The many Kipchak families settled in colonial establishments in Shida Kartli, where a large part of the Georgian population had been exterminated by the Seljuks in the 1080s, but also in Hereti and in the north of Georgian Armenia, with the aim of reinforcing the borders. They were also accompanied by Alanian, Avars and Kurdish mercenaries. They soon adopted Christianity, learned the Georgian language, changed their nomadic habits and became sedentary, gradually mixing with the Georgians. The central government then asked each family to provide at least one soldier for the Georgian army.
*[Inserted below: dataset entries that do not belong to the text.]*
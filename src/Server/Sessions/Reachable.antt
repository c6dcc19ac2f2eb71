-- ===== src/Server/Sessions/Reachable.antt =====
-- The sessions over the life of a server: any operations, in any order, between other changes to the
-- world.
use deepspace_outpost_dx.Base.{lookup, ℕ, ◌≡◌, refl, ◌⊎◌, inl, inr, Bool, true, false, List, arith}
use deepspace_outpost_dx.Ecs.Registry.{Registry}
use deepspace_outpost_dx.Server.{NetEndpoint, endpoint_key}
use deepspace_outpost_dx.Server.Table.Keyed.{IsKeyed}
use deepspace_outpost_dx.Server.Table.Laws.{held}
use deepspace_outpost_dx.Server.Sessions.{
  Sessions, no_sessions, at_key, InputCommand, on_input, on_reliable,
}
use deepspace_outpost_dx.Server.Sessions.Name.{apply_name}
use deepspace_outpost_dx.Server.Sessions.Hello.{ClientHello, Ship, on_hello, spawn_loaded}
use deepspace_outpost_dx.Server.Sessions.Reap.{reap}
use deepspace_outpost_dx.Server.Sessions.Good.{IsGood}
use deepspace_outpost_dx.Server.Sessions.Datagram.{on_input-IsGood, on_reliable-IsGood}
use deepspace_outpost_dx.Server.Sessions.Spawn.{IsFresh, HasRoom, spawn_loaded-IsGood}
use deepspace_outpost_dx.Server.Sessions.Front.{apply_name-IsGood, on_hello-IsGood}
use deepspace_outpost_dx.Server.Sessions.Sweep.{reap-IsGood}
use deepspace_outpost_dx.Server.Sessions.Awake.{
  IsAwake, at_key-IsAwake, on_input-IsAwake, on_reliable-IsAwake, apply_name-IsAwake,
  on_hello-IsAwake, spawn_loaded-IsAwake, reap-IsAwake,
}

-- `defer` is whether the server waits for commanders from its store; it stays so for its whole life.
module _ {A : Type 0} (ship : Ship A) (defer : Bool) where
  -- What may happen to the sessions. A token that is drawn is real and not in use, and there is a slot
  -- to spare for a new ship.
  pub data Step : Sessions → Sessions → Type 0 where
    an_input :
        {st : Sessions} (world : Registry A) (ep : NetEndpoint) (token : ℕ) (input : InputCommand)
        (tick : ℕ)
        → Step st (on_input world ep token input tick st).1
    a_datagram :
        {st : Sessions} (ep : NetEndpoint) (bytes : List ℕ) (tick : ℕ)
        → Step st (on_reliable ep bytes tick st)
    a_hello :
        {st : Sessions} (world : Registry A) (ep : NetEndpoint) (hello : ClientHello)
        (tick drawn : ℕ)
        → IsFresh drawn st
        → HasRoom world
        → Step st (on_hello ship ep hello tick defer drawn st world).1
    a_load :
        {st : Sessions} (world : Registry A) (ep : NetEndpoint) (tick drawn : ℕ)
        → IsFresh drawn st
        → HasRoom world
        → Step st (spawn_loaded ship ep tick drawn st world).1
    a_name : {st : Sessions} (ep : NetEndpoint) (raw : List ℕ) → Step st (apply_name ep raw st).1
    a_reap :
        {st : Sessions} (world : Registry A) (tick shell grace : ℕ)
        → Step st (reap tick shell grace world st).2

  pub data Reachable : Sessions → Type 0 where
    start : Reachable no_sessions
    next : (st st' : Sessions) → Reachable st → Step st st' → Reachable st'

-- A server that defers, or one where nobody waits.
HasMode : Bool → Sessions → Type 0
HasMode true st = Unit
HasMode false st = IsAwake st

mode_of :
    (defer : Bool) (ep : NetEndpoint) (st : Sessions)
    → HasMode defer st
    → (defer ≡ true) ⊎ ((at_key (endpoint_key ep) st).loading ≡ false)
unfolding HasMode
mode_of true ep st m = inl refl
mode_of false ep st m = inr (at_key-IsAwake (endpoint_key ep) st m)

module _ {A : Type 0} (ship : Ship A) where
  Step-HasMode :
      (defer : Bool) (st st' : Sessions)
      → Step ship defer st st'
      → IsGood st
      → HasMode defer st
      → HasMode defer st'
  unfolding HasMode
  Step-HasMode true st st' s g m = tt
  Step-HasMode false st st' (an_input world ep token input tick) g m =
      on_input-IsAwake world ep token input tick st g m
  Step-HasMode false st st' (a_datagram ep bytes tick) g m =
      on_reliable-IsAwake ep bytes tick st g m
  Step-HasMode false st st' (a_hello world ep hello tick drawn f h) g m =
      on_hello-IsAwake ship ep hello tick drawn st world m
  Step-HasMode false st st' (a_load world ep tick drawn f h) g m =
      spawn_loaded-IsAwake ship ep tick drawn st world m
  Step-HasMode false st st' (a_name ep raw) g m = apply_name-IsAwake ep raw st m
  Step-HasMode false st st' (a_reap world tick shell grace) g m =
      reap-IsAwake tick shell grace world st m

  Step-IsGood :
      (defer : Bool) (st st' : Sessions)
      → Step ship defer st st'
      → IsGood st
      → HasMode defer st
      → IsGood st'
  Step-IsGood defer st st' (an_input world ep token input tick) g m =
      on_input-IsGood world ep token input tick st g
  Step-IsGood defer st st' (a_datagram ep bytes tick) g m = on_reliable-IsGood ep bytes tick st g
  Step-IsGood defer st st' (a_hello world ep hello tick drawn f h) g m =
      on_hello-IsGood ship ep hello tick defer drawn st world g f h (mode_of defer ep st m)
  Step-IsGood defer st st' (a_load world ep tick drawn f h) g m =
      spawn_loaded-IsGood ship ep tick drawn st world g f h
  Step-IsGood defer st st' (a_name ep raw) g m = apply_name-IsGood ep raw st g
  Step-IsGood defer st st' (a_reap world tick shell grace) g m =
      reap-IsGood tick shell grace world st g

  no_sessions-HasMode : (defer : Bool) → HasMode defer no_sessions
  unfolding HasMode lookup
  no_sessions-HasMode true = tt
  no_sessions-HasMode false = λ k s e. absurd (ground (arith, e))

  Reachable-both :
      (defer : Bool) (st : Sessions) → Reachable ship defer st → IsGood st × HasMode defer st
  Reachable-both defer st start = (
    record {
      sound = record {
        forth = λ token k e. absurd (unfold lookup in ground (arith, e));
        keyed = unfold IsKeyed in tt;
        back = λ k h. absurd (h (unfold held lookup in refl));
      };
      fit = λ k s e. absurd (unfold lookup in ground (arith, e));
    },
    no_sessions-HasMode defer,
  )
  Reachable-both defer st (next st₀ st' r s) =
      let (g, m) = Reachable-both defer st₀ r in
      (Step-IsGood defer st₀ st' s g m, Step-HasMode defer st₀ st' s g m)

  -- On a server that defers every spawn until the commander is loaded, or none, over any inputs,
  -- datagrams, hellos, loads, renames and reaps, in any order, from no sessions on, if each token
  -- that is drawn is real and not in use, and the world is sound with a slot to spare at each
  -- hello and load: no endpoint key stands twice, the token index and the sessions are two views
  -- of one relation, a session is live exactly when it has a token, and one that waits for its
  -- commander has none.
  pub Reachable-IsGood : (defer : Bool) (st : Sessions) → Reachable ship defer st → IsGood st
  Reachable-IsGood defer st r = (Reachable-both defer st r).0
However, the Kipchaks, who were hardly accustomed to a sedentary life and loyal to a single person, found themselves in a new landscape that they took to be hostile. Thus, until his death, David IV survived several assassination attempts and coups d'état organised by certain Kipchak groups. But this did little to improve the situation of the new arrivals and, thanks to these negotiations, the reform of the army was completed and Georgian troops now number almost 60,000.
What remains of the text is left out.